One mom is hoping to remind other parents what really matters this holiday season.
Lindsay Simmons shared a touching message to parents in the Grown and Flown Parents Facebook group months after her son Ryan died in a tragic motorcycle accident in June at the age of 23.
Recalling having to adjust her Christmas plans last year with Ryan and her daughter-in-law, Simmons said her daughter-in-law asked if she minded the shift in plans at the time.
“I didn’t even have to think about that answer,” Simmons wrote in her post. “Absolutely not. Life is too short to get upset about trivial things, and now I really know how short it is. We still had Christmas, just on a different day. And I didn’t nag or get upset or create a rift. I just let them do what made them happy.”

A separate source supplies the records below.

-- ===== src/Hex.antt =====
-- The hexadecimal output of drivers/video/vga_default.c, the other direct writers of that file, and
-- kernel/utils.c: the reading of hexadecimal text and the 8.3 names.
pub mod Bytes
mod Tests
use hatcher.Base.{
  ℕ, zero, suc, ◌+◌, ◌-◌, ◌*◌, ◌/◌, ◌%◌, ◌^◌, Bool, true, false, Option, none, some, List, [], ◌∷◌,
  ◌==◌, ◌&&◌, ltb, leb, not, if◌then◌else◌, u8, u16, length, replicate, set,
}
use hatcher.Text.{toupper, skip_while, take_while, strlen}
use hatcher.Console.{Screen, get_cursor, set_cursor, move_back, putchar, kprint, write, max_cols}
use hatcher.Format.{digit_char, int_to_str}

-- The loop that fills `hex_str` from its end, with `i` digits left.
unfoldable pub hex_loop : ℕ → ℕ → List ℕ → List ℕ
hex_loop zero value s = s
hex_loop (suc i) value s = hex_loop i (value / 16) (digit_char b'A' (value % 16) ∷ s)

unfoldable pub put_digits : List ℕ → Screen → Screen
unfolding putchar
put_digits [] s = s
put_digits (c ∷ str) s = put_digits str (putchar c 0x07 s)

unfoldable pub kprint_hex : ℕ → Screen → Screen
unfolding hex_loop put_digits
kprint_hex value s = put_digits (hex_loop 8 value []) s

-- `set_cursor(get_cursor() + n)`
unfoldable pub move_on : ℕ → Screen → Screen
unfolding get_cursor set_cursor
move_on n s = set_cursor (u16 (get_cursor s + n)) s

unfoldable pub put_digits_apart : List ℕ → Screen → Screen
unfolding putchar move_on
put_digits_apart [] s = s
put_digits_apart (c ∷ str) s = put_digits_apart str (move_on 2 (putchar c 0x07 s))

unfoldable pub kprint_hex_w : ℕ → Screen → Screen
unfolding hex_loop put_digits_apart
kprint_hex_w value s = put_digits_apart (hex_loop 4 value []) s

unfoldable pub kprintc : List ℕ → ℕ → Screen → Screen
unfolding putchar move_back move_on
kprintc [] attr s = s
kprintc (c ∷ str) attr s =
    if c == 8
    then kprintc str attr (move_back 2 (putchar b' ' attr s))
    else kprintc str attr (move_on 1 (putchar c attr s))

unfoldable pub kprinti : ℕ → Screen → Screen
unfolding int_to_str kprint
kprinti number s = kprint (int_to_str number) s

unfoldable pub kprintci : ℕ → ℕ → Screen → Screen
unfolding int_to_str kprintc
kprintci number attr s = kprintc (int_to_str number) attr s

-- The characters of a text with an attribute, at consecutive cells.
unfoldable pub write_cells : List ℕ → ℕ → ℕ → Screen → Screen
unfolding write
write_cells [] attr offset s = s
write_cells (c ∷ str) attr offset s = write_cells str attr (offset + 2) (write c attr offset s)

unfoldable pub kprintci_vidmem : ℕ → ℕ → ℕ → Screen → Screen
unfolding int_to_str write_cells
kprintci_vidmem number attr offset s = write_cells (int_to_str number) attr offset s

unfoldable pub kprinti_vidmem : ℕ → ℕ → Screen → Screen
unfolding int_to_str write_cells
kprinti_vidmem number offset s = write_cells (int_to_str number) 0x07 offset s

-- The loop of `vga_draw_text`; `write` takes a `uint16_t`.
unfoldable pub draw_cells : List ℕ → ℕ → ℕ → Screen → Screen
unfolding write
draw_cells [] color offset s = s
draw_cells (c ∷ text) color offset s =
    draw_cells text color (offset + 2) (write c color (u16 offset) s)

unfoldable pub vga_draw_text : List ℕ → ℕ → ℕ → ℕ → Screen → Screen
unfolding draw_cells
vga_draw_text text x y color s = draw_cells text color ((y * max_cols + x) * 2) s

abbrev pub hex_char_to_byte : ℕ → ℕ
hex_char_to_byte c =
    if leb b'0' c && leb c b'9'
    then c - b'0'
    else if leb b'a' c && leb c b'f'
    then c - b'a' + 10
    else if leb b'A' c && leb c b'F'
    then c - b'A' + 10
    else 0

-- The bytes that are written, at most `max_bytes`.
unfoldable pub hexstr_to_bytes : ℕ → List ℕ → List ℕ
hexstr_to_bytes zero hex_str = []
hexstr_to_bytes (suc max_bytes) [] = []
hexstr_to_bytes (suc max_bytes) (c ∷ []) = []
hexstr_to_bytes (suc max_bytes) (c ∷ d ∷ hex_str) =
    (u8 (hex_char_to_byte c * 16) + hex_char_to_byte d) ∷ hexstr_to_bytes max_bytes hex_str

-- The loops of `fat_name_from_string`: at most `room` characters, from place `j` on.
unfoldable pub copy_upper : ℕ → ℕ → List ℕ → List ℕ → List ℕ
copy_upper zero j src dest = dest
copy_upper (suc room) j [] dest = dest
copy_upper (suc room) j (c ∷ src) dest = copy_upper room (j + 1) src (set dest j (toupper c))

abbrev pub behind_dot : List ℕ → List ℕ
behind_dot [] = []
behind_dot (c ∷ s) = s

-- `src` is none where it is NULL.
unfoldable pub fat_name_from_string : Option (List ℕ) → List ℕ
unfolding copy_upper take_while skip_while
fat_name_from_string none = replicate 11 b' '
fat_name_from_string (some src) =
    let is_name = λ (c : ℕ). not (c == b'.') in
    copy_upper 3 8 (behind_dot (skip_while is_name src))
      (copy_upper 8 0 (take_while is_name src) (replicate 11 b' '))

The Texas-based mom, who also has a college-aged daughter named Allison, went on to urge fellow parents to let the trivial changes slide, as opposed to focusing on a perfect or traditional celebration with their kids.
“Guys … life is too short,” Simmons wrote. “Make memories, even if they aren’t perfect or exactly the way you want them. Someday they may be all you have.”
Ryan had been married just three weeks before his untimely death, and his loss is even more potent for the family at the holidays.
“It made me think about the fact that last Christmas, or when we celebrated Christmas anyway, I didn’t know that was going to be the last Christmas I would have with Ryan,” Simmons told Today.com. “I’m so glad it wasn’t contentious or anything like that. We just sort of went with the flow. I didn’t want to ever make them feel like they had to be here and be miserable. There’s no reason for that.”
Simmons has also been public with her grief on her own page, sharing regular updates to her personal Facebook page. “The day you died a part of me died too,” she wrote in a message to her late son on July 14.
On Dec. 3, Simmons shared a message of all the things she would have done had she known that her son would be dead this year.
“I would have told you not to get on that bike,” she shared. “I heard you start it in the garage with dad. You just loved the sound of it. I stood in your kitchen and rolled my eyes when I heard it. I told your friend ‘I will be so glad when he sells that thing.’ I just had no idea, Ry. It didn’t occur to me you would ride it later that night. I would have begged you to stay off of it. Just sell it. But you loved it. You loved the freedom that came from riding fast.”